▶ What you should do: Nothing but the lines from the start of the entries through the line containing "behind-behind ms ns diverge = refl" should appear in the answer, each given exactly.

─── Information shown ───

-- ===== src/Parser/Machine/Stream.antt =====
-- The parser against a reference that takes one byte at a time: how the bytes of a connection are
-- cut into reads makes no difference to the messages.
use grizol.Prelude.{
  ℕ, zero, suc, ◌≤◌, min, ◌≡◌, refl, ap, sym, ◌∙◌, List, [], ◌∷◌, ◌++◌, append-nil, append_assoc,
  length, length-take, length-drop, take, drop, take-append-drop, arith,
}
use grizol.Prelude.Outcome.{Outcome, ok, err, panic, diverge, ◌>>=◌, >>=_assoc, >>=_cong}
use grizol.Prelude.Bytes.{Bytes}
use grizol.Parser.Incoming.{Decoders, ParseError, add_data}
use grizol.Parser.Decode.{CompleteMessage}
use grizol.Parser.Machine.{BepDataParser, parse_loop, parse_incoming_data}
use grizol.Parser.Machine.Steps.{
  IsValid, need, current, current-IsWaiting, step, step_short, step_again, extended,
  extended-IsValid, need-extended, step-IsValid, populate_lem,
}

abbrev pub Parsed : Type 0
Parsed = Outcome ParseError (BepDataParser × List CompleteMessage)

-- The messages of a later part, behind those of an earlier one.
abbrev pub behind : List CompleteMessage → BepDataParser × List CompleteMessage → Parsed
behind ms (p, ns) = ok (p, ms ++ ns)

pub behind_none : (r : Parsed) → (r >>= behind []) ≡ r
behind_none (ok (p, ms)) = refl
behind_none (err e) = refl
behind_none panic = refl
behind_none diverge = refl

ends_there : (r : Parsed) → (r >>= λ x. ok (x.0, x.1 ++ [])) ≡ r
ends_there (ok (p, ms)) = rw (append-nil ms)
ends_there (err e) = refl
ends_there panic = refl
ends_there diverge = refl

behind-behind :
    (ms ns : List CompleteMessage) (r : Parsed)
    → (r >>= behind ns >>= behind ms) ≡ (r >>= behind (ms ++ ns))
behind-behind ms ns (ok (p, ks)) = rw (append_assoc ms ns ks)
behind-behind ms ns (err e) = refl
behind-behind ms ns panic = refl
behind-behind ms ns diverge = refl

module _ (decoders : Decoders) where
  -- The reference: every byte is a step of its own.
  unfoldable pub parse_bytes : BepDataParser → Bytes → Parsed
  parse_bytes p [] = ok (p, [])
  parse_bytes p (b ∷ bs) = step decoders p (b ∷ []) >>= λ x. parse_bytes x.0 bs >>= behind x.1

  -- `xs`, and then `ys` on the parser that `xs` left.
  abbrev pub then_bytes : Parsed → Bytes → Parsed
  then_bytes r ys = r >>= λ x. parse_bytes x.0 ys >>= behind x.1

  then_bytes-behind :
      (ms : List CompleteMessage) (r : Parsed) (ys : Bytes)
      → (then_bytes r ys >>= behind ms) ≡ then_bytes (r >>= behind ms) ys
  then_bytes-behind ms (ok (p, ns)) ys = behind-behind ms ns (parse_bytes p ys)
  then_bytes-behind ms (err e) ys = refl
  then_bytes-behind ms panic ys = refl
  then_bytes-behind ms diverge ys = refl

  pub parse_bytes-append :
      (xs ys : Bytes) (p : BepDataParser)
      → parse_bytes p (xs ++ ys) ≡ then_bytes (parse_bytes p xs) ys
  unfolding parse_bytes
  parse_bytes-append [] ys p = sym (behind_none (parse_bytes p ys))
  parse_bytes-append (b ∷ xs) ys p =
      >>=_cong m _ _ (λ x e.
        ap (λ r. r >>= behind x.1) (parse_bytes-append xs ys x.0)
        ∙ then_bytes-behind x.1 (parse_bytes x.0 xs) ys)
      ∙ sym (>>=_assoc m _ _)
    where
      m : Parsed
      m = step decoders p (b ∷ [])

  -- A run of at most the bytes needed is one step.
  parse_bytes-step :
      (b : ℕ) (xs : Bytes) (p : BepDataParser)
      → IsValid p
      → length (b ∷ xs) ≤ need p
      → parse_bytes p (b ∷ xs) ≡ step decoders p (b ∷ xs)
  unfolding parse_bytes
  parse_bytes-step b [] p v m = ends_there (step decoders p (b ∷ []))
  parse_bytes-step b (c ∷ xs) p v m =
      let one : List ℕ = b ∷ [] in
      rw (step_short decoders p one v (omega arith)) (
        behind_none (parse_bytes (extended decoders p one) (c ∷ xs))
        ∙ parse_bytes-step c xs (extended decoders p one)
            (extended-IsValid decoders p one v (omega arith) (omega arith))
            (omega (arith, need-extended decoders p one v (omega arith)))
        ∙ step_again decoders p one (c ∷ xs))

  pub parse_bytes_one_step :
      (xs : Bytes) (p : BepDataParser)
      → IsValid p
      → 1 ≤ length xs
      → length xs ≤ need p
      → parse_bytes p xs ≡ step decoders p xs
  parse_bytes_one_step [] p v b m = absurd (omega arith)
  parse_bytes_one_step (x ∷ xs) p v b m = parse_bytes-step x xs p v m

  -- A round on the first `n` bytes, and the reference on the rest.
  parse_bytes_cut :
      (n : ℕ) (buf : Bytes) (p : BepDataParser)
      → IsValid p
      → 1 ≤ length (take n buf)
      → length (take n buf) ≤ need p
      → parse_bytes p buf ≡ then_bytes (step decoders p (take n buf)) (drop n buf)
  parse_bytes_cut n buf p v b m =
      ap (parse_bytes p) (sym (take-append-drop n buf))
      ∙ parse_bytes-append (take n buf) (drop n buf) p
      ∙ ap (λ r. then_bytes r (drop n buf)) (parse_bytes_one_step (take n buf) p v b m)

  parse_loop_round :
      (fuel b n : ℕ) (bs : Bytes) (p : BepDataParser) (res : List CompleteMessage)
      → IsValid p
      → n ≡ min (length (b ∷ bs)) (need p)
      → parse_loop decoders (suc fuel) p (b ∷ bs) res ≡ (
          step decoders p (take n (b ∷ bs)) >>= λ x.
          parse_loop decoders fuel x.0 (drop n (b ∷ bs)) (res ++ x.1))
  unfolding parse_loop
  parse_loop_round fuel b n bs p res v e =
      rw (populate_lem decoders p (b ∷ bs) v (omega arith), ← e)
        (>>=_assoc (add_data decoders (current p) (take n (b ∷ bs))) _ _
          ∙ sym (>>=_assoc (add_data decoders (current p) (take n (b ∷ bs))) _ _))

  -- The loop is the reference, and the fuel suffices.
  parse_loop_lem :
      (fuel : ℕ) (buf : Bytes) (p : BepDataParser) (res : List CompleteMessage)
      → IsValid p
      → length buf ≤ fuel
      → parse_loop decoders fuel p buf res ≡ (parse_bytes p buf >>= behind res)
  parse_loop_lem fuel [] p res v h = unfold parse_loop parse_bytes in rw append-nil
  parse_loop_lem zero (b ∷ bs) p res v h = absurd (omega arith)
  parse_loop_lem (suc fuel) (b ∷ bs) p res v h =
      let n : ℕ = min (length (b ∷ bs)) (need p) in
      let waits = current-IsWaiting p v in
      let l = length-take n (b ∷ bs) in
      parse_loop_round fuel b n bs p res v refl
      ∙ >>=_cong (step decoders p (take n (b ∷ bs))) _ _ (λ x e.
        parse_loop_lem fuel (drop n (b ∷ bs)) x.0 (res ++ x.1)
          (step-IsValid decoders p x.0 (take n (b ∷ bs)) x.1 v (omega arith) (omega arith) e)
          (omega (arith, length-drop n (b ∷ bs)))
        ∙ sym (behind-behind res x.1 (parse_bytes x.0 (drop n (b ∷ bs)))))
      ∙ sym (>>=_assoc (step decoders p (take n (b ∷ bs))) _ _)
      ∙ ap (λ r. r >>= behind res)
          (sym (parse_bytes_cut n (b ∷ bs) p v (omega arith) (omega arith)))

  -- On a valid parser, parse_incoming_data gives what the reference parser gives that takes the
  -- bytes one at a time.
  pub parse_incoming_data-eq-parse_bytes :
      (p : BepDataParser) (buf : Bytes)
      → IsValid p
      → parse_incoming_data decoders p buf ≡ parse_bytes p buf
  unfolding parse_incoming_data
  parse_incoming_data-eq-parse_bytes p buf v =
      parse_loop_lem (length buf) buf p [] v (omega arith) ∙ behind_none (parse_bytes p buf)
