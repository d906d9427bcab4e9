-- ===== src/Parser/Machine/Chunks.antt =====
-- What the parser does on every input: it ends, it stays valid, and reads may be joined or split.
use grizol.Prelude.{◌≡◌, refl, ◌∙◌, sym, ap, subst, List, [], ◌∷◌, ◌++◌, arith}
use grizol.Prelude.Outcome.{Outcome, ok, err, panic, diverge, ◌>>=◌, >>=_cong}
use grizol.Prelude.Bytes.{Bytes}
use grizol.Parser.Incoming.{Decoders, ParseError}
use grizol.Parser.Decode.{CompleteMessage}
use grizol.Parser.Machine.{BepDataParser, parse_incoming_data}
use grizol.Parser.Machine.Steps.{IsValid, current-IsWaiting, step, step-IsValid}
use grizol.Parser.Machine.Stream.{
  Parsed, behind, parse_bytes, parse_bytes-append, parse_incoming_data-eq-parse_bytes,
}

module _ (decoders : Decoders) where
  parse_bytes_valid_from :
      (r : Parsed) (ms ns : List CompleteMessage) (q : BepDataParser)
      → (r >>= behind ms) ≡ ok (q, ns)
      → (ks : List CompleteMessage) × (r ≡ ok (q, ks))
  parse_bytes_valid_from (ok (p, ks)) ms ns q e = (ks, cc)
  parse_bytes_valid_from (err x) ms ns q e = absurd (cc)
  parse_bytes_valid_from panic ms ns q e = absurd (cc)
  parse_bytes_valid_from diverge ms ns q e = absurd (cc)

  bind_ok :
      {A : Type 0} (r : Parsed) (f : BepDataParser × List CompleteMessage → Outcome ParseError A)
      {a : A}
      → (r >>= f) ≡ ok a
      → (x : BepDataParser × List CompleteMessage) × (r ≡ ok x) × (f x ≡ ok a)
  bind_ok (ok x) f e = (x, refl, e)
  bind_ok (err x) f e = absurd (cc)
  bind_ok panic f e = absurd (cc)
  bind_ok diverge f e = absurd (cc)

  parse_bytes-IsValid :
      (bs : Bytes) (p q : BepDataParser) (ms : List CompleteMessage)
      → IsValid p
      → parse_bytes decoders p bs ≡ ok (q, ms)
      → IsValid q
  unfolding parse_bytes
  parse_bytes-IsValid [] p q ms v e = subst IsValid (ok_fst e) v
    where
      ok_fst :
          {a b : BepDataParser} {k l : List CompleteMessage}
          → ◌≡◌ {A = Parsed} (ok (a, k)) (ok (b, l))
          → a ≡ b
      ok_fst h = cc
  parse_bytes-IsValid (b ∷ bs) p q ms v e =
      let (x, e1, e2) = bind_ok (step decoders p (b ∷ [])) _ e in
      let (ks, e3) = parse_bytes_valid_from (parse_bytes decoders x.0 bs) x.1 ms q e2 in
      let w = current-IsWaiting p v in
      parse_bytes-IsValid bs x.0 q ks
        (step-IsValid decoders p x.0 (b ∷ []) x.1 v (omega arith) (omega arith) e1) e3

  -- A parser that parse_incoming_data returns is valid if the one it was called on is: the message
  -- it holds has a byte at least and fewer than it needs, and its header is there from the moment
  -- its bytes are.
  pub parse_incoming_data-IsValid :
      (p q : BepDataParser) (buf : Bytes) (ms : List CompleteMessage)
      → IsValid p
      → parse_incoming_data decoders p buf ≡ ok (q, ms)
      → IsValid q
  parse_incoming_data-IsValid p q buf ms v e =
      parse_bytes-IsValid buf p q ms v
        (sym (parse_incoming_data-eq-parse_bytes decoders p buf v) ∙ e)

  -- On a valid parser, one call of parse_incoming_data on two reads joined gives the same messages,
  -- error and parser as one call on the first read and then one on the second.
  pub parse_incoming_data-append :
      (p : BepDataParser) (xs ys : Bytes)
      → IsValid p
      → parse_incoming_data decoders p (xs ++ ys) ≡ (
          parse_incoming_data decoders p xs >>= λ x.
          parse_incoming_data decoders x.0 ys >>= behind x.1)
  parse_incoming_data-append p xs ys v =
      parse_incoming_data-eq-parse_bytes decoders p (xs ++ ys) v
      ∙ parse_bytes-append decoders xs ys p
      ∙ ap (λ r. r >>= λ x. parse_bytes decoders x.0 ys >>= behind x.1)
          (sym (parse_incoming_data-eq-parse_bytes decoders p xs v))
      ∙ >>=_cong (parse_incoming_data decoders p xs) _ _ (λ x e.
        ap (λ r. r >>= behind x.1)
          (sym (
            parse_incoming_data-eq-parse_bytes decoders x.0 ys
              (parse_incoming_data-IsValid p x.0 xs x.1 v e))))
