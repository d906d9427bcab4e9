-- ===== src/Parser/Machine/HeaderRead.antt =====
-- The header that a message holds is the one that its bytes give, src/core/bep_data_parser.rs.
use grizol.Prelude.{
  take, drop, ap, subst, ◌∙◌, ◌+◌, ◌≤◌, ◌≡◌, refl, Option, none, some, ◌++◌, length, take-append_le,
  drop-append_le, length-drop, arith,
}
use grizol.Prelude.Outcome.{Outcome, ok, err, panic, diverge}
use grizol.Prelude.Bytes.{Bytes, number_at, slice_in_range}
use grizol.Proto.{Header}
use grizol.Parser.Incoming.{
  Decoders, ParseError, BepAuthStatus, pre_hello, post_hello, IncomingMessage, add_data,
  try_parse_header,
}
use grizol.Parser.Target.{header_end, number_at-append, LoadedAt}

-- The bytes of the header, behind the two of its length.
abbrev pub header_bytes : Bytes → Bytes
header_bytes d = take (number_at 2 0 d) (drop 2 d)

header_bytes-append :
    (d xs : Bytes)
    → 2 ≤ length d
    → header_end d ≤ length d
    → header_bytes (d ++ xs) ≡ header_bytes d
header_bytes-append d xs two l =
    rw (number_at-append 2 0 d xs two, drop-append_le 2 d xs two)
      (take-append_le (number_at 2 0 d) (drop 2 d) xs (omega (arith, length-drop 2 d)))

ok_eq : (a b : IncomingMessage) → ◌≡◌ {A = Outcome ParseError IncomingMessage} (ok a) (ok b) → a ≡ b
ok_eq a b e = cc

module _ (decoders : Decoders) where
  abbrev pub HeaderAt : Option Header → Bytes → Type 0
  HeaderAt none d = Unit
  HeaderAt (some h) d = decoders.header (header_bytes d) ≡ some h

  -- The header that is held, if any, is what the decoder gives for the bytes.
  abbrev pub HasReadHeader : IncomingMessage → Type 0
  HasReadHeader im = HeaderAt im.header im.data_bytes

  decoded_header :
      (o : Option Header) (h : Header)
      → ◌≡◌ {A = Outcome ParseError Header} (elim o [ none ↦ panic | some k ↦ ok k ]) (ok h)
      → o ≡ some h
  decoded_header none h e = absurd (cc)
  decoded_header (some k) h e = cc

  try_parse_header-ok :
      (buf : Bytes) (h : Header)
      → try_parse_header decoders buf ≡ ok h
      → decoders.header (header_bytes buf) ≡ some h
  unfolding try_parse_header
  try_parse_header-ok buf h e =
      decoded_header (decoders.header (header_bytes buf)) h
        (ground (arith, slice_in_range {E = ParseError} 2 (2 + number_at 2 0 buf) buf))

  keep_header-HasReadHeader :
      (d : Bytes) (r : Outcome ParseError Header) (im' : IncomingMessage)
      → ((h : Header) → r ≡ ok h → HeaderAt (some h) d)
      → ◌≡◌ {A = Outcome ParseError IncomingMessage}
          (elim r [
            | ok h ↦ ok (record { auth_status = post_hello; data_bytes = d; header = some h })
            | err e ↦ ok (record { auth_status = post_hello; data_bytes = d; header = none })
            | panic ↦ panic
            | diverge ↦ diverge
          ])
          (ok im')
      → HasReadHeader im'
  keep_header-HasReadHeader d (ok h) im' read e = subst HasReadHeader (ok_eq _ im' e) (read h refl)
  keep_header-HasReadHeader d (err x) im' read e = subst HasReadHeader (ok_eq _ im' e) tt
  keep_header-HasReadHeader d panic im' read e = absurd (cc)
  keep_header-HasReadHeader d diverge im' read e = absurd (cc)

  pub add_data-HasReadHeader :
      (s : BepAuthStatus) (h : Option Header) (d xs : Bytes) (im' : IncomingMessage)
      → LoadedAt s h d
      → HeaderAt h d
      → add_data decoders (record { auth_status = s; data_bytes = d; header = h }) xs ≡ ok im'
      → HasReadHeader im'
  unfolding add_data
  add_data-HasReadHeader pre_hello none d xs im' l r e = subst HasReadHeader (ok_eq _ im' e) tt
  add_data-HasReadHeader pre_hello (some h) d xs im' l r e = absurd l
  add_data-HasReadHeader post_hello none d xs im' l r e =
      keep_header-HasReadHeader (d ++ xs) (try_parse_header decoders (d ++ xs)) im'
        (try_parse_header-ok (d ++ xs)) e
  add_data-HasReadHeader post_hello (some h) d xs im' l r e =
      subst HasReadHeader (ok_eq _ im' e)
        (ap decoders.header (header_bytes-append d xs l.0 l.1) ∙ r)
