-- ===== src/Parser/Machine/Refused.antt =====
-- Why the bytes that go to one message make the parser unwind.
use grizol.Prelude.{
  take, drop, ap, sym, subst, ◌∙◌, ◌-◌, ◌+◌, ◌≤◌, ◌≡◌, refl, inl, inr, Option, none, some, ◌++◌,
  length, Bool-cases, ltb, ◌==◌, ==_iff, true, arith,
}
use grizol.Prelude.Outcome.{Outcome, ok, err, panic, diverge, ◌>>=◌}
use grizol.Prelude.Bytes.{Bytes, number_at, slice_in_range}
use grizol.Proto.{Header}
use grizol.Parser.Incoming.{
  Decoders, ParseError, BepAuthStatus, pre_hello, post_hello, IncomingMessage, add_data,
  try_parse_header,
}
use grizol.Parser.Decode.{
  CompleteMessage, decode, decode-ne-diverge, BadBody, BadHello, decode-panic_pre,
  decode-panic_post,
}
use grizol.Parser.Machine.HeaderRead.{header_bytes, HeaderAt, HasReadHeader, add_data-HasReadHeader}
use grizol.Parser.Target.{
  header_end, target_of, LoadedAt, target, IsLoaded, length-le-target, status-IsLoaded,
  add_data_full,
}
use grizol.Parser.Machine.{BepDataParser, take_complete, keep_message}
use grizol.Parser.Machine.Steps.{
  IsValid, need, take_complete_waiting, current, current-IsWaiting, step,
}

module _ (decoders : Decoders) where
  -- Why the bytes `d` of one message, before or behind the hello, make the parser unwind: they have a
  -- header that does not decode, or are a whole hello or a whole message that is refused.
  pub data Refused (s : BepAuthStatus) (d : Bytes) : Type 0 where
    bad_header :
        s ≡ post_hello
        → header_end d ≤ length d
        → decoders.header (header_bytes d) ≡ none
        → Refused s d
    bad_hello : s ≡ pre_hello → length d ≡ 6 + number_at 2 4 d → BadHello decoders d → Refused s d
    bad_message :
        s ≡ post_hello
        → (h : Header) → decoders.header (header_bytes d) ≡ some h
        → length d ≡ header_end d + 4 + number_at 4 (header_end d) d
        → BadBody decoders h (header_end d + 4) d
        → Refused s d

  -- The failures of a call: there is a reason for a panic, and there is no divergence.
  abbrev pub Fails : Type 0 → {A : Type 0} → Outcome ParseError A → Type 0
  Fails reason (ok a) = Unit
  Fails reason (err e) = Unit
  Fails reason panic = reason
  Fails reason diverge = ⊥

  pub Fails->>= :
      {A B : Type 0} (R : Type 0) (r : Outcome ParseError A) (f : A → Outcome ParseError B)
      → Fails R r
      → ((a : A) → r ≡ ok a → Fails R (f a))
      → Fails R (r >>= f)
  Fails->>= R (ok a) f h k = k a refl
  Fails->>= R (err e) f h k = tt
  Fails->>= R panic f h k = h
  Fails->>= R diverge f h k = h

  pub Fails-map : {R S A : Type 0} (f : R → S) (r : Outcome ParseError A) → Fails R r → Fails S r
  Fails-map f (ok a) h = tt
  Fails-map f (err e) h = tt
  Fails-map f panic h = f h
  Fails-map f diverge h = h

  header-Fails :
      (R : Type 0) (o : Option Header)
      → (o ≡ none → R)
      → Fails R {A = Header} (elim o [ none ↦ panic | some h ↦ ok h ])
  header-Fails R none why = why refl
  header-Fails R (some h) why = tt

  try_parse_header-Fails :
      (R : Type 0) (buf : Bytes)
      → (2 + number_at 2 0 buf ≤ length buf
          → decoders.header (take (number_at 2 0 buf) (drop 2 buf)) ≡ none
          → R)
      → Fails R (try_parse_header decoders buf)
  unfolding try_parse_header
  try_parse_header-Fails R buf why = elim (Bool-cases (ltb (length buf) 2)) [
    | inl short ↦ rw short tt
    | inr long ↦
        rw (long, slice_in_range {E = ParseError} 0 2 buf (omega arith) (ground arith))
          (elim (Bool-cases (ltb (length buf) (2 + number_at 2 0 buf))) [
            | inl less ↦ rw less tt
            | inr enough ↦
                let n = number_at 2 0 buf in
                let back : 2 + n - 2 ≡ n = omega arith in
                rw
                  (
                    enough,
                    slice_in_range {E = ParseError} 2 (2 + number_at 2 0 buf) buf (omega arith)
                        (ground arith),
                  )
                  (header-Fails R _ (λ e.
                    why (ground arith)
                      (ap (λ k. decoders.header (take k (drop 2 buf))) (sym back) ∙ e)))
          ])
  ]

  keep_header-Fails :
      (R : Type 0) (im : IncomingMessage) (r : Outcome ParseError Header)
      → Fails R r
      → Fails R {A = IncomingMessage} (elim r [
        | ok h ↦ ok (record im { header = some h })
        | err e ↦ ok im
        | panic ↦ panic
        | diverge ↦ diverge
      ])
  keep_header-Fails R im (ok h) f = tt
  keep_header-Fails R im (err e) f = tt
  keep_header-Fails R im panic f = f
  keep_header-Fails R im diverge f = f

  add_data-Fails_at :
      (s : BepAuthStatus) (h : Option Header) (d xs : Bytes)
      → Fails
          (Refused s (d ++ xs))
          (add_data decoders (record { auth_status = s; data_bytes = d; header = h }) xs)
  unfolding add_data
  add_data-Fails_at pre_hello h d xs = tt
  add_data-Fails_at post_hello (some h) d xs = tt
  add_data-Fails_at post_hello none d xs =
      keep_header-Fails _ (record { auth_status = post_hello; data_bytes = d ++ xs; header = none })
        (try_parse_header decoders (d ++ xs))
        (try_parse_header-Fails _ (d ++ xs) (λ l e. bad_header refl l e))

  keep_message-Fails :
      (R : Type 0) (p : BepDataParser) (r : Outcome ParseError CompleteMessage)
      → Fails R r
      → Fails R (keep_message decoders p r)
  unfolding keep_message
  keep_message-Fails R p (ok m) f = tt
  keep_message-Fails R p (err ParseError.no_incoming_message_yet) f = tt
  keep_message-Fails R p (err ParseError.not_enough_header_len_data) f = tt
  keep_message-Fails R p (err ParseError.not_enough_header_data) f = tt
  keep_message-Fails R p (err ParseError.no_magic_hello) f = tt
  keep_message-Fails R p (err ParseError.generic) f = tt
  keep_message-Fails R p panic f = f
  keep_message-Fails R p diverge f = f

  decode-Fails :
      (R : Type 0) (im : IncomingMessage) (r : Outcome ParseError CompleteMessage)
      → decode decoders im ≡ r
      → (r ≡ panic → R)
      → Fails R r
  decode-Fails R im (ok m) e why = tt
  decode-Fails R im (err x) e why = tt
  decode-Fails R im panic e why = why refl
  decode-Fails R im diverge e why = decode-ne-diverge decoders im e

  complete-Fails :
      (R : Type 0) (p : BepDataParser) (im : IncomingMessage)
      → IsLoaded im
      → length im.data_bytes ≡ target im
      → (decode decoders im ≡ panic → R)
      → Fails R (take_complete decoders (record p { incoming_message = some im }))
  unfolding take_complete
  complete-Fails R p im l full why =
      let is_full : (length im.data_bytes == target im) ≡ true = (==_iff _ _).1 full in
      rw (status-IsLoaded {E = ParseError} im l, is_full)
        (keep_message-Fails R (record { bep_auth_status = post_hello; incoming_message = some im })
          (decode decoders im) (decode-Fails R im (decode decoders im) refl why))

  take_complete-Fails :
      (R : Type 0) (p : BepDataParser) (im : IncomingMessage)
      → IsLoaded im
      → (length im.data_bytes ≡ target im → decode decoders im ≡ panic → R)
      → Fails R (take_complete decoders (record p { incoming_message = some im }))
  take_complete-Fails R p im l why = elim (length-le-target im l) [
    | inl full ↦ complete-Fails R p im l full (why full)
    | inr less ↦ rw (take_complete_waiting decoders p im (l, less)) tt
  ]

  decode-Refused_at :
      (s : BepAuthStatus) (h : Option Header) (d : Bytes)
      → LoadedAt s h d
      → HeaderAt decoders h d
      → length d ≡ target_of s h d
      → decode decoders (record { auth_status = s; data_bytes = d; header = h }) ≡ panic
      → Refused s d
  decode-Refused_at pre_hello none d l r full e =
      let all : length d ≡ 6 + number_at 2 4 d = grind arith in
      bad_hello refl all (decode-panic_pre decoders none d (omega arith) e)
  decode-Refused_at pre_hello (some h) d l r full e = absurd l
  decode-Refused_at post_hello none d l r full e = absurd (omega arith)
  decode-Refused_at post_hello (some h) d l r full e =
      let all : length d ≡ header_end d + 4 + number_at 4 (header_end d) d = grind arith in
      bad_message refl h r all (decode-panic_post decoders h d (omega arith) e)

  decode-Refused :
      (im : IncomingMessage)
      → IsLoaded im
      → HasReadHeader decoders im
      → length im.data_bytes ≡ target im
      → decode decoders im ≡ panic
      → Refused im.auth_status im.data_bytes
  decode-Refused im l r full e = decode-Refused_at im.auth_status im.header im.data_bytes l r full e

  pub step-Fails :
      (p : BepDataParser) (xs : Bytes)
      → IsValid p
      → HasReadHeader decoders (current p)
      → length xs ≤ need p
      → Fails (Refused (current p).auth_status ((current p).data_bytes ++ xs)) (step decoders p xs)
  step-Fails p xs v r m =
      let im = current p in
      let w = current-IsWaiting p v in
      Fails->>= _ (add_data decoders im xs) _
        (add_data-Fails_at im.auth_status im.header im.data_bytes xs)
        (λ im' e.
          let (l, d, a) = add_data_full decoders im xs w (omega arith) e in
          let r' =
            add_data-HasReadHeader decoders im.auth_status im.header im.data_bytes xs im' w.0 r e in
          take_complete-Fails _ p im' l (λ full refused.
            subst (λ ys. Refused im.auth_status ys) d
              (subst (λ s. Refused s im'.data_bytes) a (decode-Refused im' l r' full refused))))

───

▶ Answer to the exercise:
-- ===== src/Parser/Machine/Stream.antt =====
-- The parser against a reference that takes one byte at a time: how the bytes of a connection are
-- cut into reads makes no difference to the messages.
use grizol.Prelude.{
  ℕ, zero, suc, ◌≤◌, min, ◌≡◌, refl, ap, sym, ◌∙◌, List, [], ◌∷◌, ◌++◌, append-nil, append_assoc,
  length, length-take, length-drop, take, drop, take-append-drop, arith,
}
use grizol.Prelude.Outcome.{Outcome, ok, err, panic, diverge, ◌>>=◌, >>=_assoc, >>=_cong}
use grizol.Prelude.Bytes.{Bytes}
use grizol.Parser.Incoming.{Decoders, ParseError, add_data}
use grizol.Parser.Decode.{CompleteMessage}
use grizol.Parser.Machine.{BepDataParser, parse_loop, parse_incoming_data}
use grizol.Parser.Machine.Steps.{
  IsValid, need, current, current-IsWaiting, step, step_short, step_again, extended,
  extended-IsValid, need-extended, step-IsValid, populate_lem,
}

abbrev pub Parsed : Type 0
Parsed = Outcome ParseError (BepDataParser × List CompleteMessage)

-- The messages of a later part, behind those of an earlier one.
abbrev pub behind : List CompleteMessage → BepDataParser × List CompleteMessage → Parsed
behind ms (p, ns) = ok (p, ms ++ ns)

pub behind_none : (r : Parsed) → (r >>= behind []) ≡ r
behind_none (ok (p, ms)) = refl
behind_none (err e) = refl
behind_none panic = refl
behind_none diverge = refl

ends_there : (r : Parsed) → (r >>= λ x. ok (x.0, x.1 ++ [])) ≡ r
ends_there (ok (p, ms)) = rw (append-nil ms)
ends_there (err e) = refl
ends_there panic = refl
ends_there diverge = refl

behind-behind :
    (ms ns : List CompleteMessage) (r : Parsed)
    → (r >>= behind ns >>= behind ms) ≡ (r >>= behind (ms ++ ns))
behind-behind ms ns (ok (p, ks)) = rw (append_assoc ms ns ks)
behind-behind ms ns (err e) = refl
behind-behind ms ns panic = refl
behind-behind ms ns diverge = refl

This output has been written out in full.